I’m just home from the gym where I spent half of an hour on the treadmill, and half of an hour on the exercise bike.

Today I will spend probably upwards of eight hours looking at the screen of my laptop; much of that will be sending and receiving emails and conducting business through virtual conversations.

On my way to work I will tune into 90.1 on my FM dial, to WRTI, to listen to their “Classical Weekdays” program that usually sets me up for the day.

All of these activities are productive. And all of them are something less than real.

The treadmill isn’t really like running outside.  And the bike stays in one place and the scenery doesn’t change.

Email is a wonderful convenience (you don’t really want to talk to me at 5 AM, do you?) and ZOOM has changed the way we manage our time and can conduct meetings when at a great distance from each other, but tone of voice, the subtlety of body language and the flow of conversation is lost.

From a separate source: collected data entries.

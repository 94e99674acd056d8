-- ===== src/Tests/Session.antt =====
-- A bus that is configured, activated, used and shut down, on a process image of bytes.
use zero_force_controller.Common.{
  ℕ, ◌*◌, ◌≡◌, Bool, true, false, Option, none, some, [], arith, ◌==◌, if◌then◌else◌,
}
use zero_force_controller.Common.Int.{ℤ, pos, negsuc}
use zero_force_controller.Ethercat.Image.{Bytes, bytes_ecrt}
use zero_force_controller.Ethercat.Clearpath
use zero_force_controller.Ethercat.Clearpath.{Command, PdoOffsets, no_command}
use zero_force_controller.Ethercat.Elm
use zero_force_controller.Ethercat.Elm.{ElmOffsets}
use zero_force_controller.Ethercat.System.{
  System, Igh, Poll, SlaveState, wc_complete, no_snapshot, configured,
}
use zero_force_controller.Ethercat.System.Configure.{configure, activate, ek1100_product}
use zero_force_controller.Ethercat.System.Exchange.{shut_down}
use zero_force_controller.Ethercat.System.Ownership.{
  IsOwner, IsConfigured, configure_lem, activate_lem,
}
use zero_force_controller.Ethercat.System.Shutdown.{AsksOnlyEnabled, IsConfirmed, shut_down_lem}

abbrev pub fresh : System Bytes
fresh = record {
  master = false;
  domain = false;
  ek1100_config = false;
  elm3604_config = false;
  clearpath_config = false;
  domain_data = none;
  elm_offsets = Elm.no_offsets;
  clearpath_offsets = Clearpath.no_offsets;
  snapshot = no_snapshot;
  sync_ref_counter = 0;
  log = [];
}

abbrev pub slaves : ℕ → Option (ℕ × ℕ)
slaves p =
    if p == 0
    then some (2, ek1100_product)
    else if p == 1
    then some (Elm.vendor_id, Elm.product_code)
    else if p == 2
    then some (Clearpath.vendor_id, Clearpath.product_code)
    else none

-- the offset of an entry of the drive, by its index
abbrev pub drive_entry : ℕ → ℕ → ℤ
drive_entry index sub =
    if index == 0x6040
    then pos 0
    else if index == 0x6060
    then pos 2
    else if index == 0x607a
    then pos 3
    else if index == 0x60ff
    then pos 7
    else if index == 0x6071
    then pos 11
    else if index == 0x6041
    then pos 13
    else if index == 0x6061
    then pos 15
    else if index == 0x6064
    then pos 16
    else if index == 0x606c
    then pos 20
    else if index == 0x6077
    then pos 24
    else if index == 0x60fd
    then pos 26
    else negsuc 0

abbrev pub bus : Igh Bytes
bus = record {
  request_master = true;
  slave = slaves;
  create_domain = true;
  slave_config = λ a p v c. true;
  sdo = λ i s v. pos 0;
  config_pdos = λ p. pos 0;
  reg_pdo_entry_list = some Elm.no_offsets;
  reg_pdo_entry = drive_entry;
  activate_master = pos 0;
  domain_memory = some (λ a. 0);
}

fresh-IsOwner : IsOwner fresh
fresh-IsOwner = ground arith

configure_lem_example :
    let (ok, t) = configure bus fresh in
    IsOwner t
    × (ok ≡ true → IsConfigured bus t)
    × (ok ≡ false → false ≡ false → (t.master ≡ false) × (configured t ≡ false))
    × (false ≡ true → (ok ≡ false) × (t ≡ fresh))
configure_lem_example = configure_lem bus fresh fresh-IsOwner

abbrev configured_system : System Bytes
configured_system = (configure bus fresh).1

activate_lem_example :
    let (ok, t) = activate bus configured_system in
    IsOwner t
    × (configured t ≡ ok)
    × (ok ≡ false → configured_system.domain ≡ true → t.master ≡ false)
activate_lem_example = activate_lem bus configured_system configure_lem_example.0

-- the offsets of the drive above, on an image of zeros
abbrev pub running : System Bytes
running = record fresh {
  master = true;
  domain = true;
  domain_data = some (λ a. 0);
  clearpath_offsets = record {
    rx = record {
      controlword = 0;
      mode_op = 2;
      target_position = 3;
      target_velocity = 7;
      target_torque = 11;
    };
    tx = record {
      statusword = 13;
      mode_display = 15;
      actual_position = 16;
      actual_velocity = 20;
      actual_torque = 24;
      digital_input = 26;
    };
  };
}

abbrev pub up : SlaveState
up = record { online = true; operational = true }

abbrev pub poll : ℕ → Poll Bytes
poll now = record {
  now = now;
  received = λ a. 0;
  master = record { slaves_responding = 3; link_up = true };
  domain = record { working_counter = 3; wc_state = wc_complete };
  ek1100 = up;
  elm3604 = up;
  clearpath = up;
}

abbrev pub polls : ℕ → Option (Poll Bytes)
polls i = some (poll (1_000_000 * i))

shut_down_lem_example :
    (r : Bool × System Bytes) × (shut_down polls running ≡ some r)
    × AsksOnlyEnabled r.1.log
    × (r.0 ≡ true → configured running ≡ true → IsConfirmed r.1)
shut_down_lem_example = shut_down_lem polls running tt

Thank God for the radio. It keeps me entertained during my many hours in the car as I drive around our diocese.  But it’s recorded. Programmed. Edited to fit in one hour slots.

Get real.

Make it real.

Last night my husband and I attended the final concert of the summer music series of Market Square Concerts.  Held at the Market Square Presbyterian Church, this chamber music series is in its 37th year.  Some of the members of our diocese have served ably in producing this artistic offering-  Anne Yellot of St. Stephen’s Cathedral was among its earliest board members and still an active supporter, and Truman Bullard, of St. John’s, Carlisle, currently serves as Vice Chairman of the board.  The concert master of the Harrisburg Symphony, Peter Sirotin, serves as the Artistic Director and Ya-Ting Chang, concert pianist and spouse of Sirotin, serves as the Executive Director.

In short, the program last night was fantastic.  The string quintet opened with a lively, playful and intricate polyphonic piece by Taneyev, and after a brief intermission, a second viola player joined the group and we heard Tchaikovsky’s String Sextet, Op. 70, “Souveniers de Florence.”

Fantastic.

We were in the third row!  We could not only hear every note, but we could see the facial expressions of the musicians as they maneuvered their way up and down the gliding, sometimes treacherous musical landscape; we could see the musicians look, intently at each other to keep together, in rhythm; we could hear the “sniff” of the lead player as he cued his musical partners on the downbeats.  The music was real. Authentic.  Alive.  These pieces were created for us, right in front of us, in a way that they would never be heard again.  While the next performance of these pieces by another chamber group, in some other distant place would play the same notes with the same instruments in the same time signature… what we heard last night was unique, alive and real.  The momentary lingering at the top of a phrase by the first violin.  The half smile of the ‘cellist as she plucked the playful pizzicato notes in the third movement of the Taneyev.  The lock of hair  that kept falling over the eye of the first viola player – she managed it beautifully during an especially fast run of sixteenth notes. And the dance of the musicians in their seats as they plied their instruments, coaxing the beautiful, lush, proud, pointed, delicate notes into a piece- a musical piece- just for us.  It was real.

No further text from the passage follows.